◆ **TASK TO CARRY OUT**:
The data below holds a line containing "-- does not pass it." and a line containing "count-replace p w [] u = omega arith"; please quote exactly those two lines and every line between them, and nothing else.

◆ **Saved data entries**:

- - -

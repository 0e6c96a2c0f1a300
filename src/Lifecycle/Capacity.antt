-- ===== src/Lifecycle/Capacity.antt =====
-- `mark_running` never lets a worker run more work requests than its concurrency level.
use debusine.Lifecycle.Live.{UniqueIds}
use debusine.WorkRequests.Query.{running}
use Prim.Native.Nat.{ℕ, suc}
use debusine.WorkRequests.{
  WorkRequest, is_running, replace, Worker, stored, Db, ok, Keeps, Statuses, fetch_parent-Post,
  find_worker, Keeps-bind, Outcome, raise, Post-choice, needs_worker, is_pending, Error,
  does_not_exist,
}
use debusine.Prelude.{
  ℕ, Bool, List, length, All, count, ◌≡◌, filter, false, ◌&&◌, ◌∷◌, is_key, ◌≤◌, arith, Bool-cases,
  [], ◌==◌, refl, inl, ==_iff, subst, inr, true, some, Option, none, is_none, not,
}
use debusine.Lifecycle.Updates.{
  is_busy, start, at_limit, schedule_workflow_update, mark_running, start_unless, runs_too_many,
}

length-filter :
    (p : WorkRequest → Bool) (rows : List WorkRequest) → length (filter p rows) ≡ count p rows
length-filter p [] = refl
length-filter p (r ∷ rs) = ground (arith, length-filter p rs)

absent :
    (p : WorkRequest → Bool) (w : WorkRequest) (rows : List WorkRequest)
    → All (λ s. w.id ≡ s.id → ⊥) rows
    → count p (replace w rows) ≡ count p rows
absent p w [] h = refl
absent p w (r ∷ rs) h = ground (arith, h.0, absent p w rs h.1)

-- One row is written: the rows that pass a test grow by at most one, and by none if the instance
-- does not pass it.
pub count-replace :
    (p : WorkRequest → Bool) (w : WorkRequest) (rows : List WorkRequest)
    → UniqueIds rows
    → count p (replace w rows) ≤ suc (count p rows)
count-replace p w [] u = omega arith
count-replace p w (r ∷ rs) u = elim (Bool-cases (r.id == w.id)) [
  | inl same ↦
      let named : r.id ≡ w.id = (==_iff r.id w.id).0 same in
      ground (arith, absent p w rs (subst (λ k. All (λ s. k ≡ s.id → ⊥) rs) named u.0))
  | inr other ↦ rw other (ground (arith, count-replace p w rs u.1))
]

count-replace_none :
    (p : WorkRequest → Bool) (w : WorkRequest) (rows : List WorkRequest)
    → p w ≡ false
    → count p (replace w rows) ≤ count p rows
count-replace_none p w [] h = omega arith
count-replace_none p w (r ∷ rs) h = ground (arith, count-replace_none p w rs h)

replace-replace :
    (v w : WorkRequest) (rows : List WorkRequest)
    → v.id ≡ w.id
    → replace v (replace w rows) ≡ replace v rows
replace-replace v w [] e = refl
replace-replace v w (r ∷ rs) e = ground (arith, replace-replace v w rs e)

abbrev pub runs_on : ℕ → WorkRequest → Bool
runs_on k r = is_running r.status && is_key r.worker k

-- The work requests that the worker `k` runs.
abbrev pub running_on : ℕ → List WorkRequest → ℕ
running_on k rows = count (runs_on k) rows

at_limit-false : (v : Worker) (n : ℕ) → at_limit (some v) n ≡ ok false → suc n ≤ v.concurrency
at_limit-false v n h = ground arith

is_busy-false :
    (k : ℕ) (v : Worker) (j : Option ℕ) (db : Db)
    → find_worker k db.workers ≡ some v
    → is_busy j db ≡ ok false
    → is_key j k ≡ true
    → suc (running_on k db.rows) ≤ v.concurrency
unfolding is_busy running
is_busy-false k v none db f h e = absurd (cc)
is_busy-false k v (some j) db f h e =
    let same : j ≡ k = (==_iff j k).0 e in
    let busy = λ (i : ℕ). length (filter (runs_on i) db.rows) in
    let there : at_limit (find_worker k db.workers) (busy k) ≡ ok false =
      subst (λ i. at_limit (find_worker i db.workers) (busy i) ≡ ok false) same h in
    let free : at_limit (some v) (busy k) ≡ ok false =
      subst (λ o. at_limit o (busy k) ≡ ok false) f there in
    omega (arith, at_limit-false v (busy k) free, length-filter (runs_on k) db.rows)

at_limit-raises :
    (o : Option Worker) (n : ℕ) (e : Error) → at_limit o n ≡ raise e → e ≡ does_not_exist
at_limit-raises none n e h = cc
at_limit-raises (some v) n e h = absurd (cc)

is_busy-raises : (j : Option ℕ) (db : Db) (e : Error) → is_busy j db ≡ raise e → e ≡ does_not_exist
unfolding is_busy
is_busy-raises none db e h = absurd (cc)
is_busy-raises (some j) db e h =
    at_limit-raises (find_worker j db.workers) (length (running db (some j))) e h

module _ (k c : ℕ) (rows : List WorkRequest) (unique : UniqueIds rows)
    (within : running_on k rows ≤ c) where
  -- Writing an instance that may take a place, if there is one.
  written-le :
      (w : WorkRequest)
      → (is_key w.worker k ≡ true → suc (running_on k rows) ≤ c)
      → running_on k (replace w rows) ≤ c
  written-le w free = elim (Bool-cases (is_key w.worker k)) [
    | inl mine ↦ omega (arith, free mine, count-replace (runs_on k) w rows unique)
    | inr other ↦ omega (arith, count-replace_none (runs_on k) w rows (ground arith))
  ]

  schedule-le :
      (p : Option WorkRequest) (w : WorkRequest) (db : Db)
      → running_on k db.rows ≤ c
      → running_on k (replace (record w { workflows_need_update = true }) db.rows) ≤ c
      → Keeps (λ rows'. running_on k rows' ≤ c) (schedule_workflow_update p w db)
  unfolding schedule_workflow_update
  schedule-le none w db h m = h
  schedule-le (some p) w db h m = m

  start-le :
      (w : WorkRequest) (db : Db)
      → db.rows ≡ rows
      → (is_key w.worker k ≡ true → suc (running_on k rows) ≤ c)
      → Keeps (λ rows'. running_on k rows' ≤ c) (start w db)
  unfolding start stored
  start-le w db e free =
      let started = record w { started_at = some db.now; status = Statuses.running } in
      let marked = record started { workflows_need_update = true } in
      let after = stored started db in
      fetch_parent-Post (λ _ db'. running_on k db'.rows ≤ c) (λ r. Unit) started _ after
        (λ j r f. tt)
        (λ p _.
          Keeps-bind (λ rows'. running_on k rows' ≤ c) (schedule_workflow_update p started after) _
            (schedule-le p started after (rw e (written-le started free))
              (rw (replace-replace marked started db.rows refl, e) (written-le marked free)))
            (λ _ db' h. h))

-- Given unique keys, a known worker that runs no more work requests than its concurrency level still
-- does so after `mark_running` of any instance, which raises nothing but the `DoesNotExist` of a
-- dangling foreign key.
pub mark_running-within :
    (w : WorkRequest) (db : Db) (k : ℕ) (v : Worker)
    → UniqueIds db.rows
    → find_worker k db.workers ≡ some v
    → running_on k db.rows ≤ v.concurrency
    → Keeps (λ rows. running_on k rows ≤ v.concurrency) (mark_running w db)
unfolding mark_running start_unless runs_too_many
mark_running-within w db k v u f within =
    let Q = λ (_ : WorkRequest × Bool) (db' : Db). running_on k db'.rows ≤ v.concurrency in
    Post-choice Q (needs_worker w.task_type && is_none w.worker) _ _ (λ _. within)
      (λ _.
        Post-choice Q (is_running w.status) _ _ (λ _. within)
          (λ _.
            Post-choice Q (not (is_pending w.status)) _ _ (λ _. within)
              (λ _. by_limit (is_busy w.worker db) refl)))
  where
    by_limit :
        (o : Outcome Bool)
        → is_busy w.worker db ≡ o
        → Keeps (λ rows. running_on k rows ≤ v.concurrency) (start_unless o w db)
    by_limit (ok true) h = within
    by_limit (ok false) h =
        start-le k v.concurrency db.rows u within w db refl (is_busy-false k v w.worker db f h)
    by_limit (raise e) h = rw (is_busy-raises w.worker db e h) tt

- - -

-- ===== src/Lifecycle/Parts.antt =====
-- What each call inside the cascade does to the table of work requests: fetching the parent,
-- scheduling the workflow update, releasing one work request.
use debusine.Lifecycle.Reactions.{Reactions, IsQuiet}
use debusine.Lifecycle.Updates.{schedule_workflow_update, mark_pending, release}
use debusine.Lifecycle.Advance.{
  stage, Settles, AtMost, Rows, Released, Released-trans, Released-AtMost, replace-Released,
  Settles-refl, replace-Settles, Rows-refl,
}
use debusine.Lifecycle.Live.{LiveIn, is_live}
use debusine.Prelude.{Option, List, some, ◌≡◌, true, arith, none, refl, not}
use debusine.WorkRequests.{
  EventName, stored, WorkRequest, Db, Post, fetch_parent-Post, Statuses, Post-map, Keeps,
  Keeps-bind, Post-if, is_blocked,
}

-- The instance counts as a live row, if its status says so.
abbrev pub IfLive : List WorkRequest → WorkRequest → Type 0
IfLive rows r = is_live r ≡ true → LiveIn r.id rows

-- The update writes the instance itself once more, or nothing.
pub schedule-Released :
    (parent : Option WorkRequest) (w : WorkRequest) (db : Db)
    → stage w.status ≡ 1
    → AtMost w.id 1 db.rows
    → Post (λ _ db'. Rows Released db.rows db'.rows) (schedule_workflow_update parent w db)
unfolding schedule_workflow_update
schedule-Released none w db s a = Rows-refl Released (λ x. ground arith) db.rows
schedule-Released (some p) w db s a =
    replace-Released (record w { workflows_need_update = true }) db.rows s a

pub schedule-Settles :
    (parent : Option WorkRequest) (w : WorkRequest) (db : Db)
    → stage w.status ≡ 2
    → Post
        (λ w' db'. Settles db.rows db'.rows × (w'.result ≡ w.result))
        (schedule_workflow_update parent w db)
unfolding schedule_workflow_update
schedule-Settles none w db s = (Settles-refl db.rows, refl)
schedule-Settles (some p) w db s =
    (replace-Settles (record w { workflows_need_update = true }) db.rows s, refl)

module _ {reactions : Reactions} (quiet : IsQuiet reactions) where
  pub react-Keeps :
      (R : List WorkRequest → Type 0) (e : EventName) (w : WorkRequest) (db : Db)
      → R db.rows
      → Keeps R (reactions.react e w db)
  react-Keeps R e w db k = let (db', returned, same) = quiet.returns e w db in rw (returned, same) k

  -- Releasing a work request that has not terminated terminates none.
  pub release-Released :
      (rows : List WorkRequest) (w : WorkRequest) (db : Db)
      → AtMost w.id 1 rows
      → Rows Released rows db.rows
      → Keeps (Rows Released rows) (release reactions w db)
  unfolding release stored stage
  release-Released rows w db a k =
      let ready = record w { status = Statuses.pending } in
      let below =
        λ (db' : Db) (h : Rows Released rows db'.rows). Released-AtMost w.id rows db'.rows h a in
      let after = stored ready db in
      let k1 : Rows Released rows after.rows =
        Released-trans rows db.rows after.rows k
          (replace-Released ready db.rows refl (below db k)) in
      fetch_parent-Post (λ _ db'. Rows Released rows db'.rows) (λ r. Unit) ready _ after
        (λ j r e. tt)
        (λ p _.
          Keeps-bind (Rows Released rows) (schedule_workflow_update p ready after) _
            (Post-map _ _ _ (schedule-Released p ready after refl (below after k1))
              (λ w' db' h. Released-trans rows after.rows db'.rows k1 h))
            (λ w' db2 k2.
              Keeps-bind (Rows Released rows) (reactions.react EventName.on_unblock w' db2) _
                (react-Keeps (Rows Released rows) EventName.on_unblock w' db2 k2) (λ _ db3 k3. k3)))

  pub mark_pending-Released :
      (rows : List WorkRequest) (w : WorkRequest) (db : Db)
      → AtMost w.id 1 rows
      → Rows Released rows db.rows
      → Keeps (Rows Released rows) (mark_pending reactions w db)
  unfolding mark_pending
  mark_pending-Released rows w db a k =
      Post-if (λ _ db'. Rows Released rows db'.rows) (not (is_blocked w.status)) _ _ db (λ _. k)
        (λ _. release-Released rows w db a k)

- - -

◆ **WORKED SOLUTION**:
-- does not pass it.
pub count-replace :
    (p : WorkRequest → Bool) (w : WorkRequest) (rows : List WorkRequest)
    → UniqueIds rows
    → count p (replace w rows) ≤ suc (count p rows)
count-replace p w [] u = omega arith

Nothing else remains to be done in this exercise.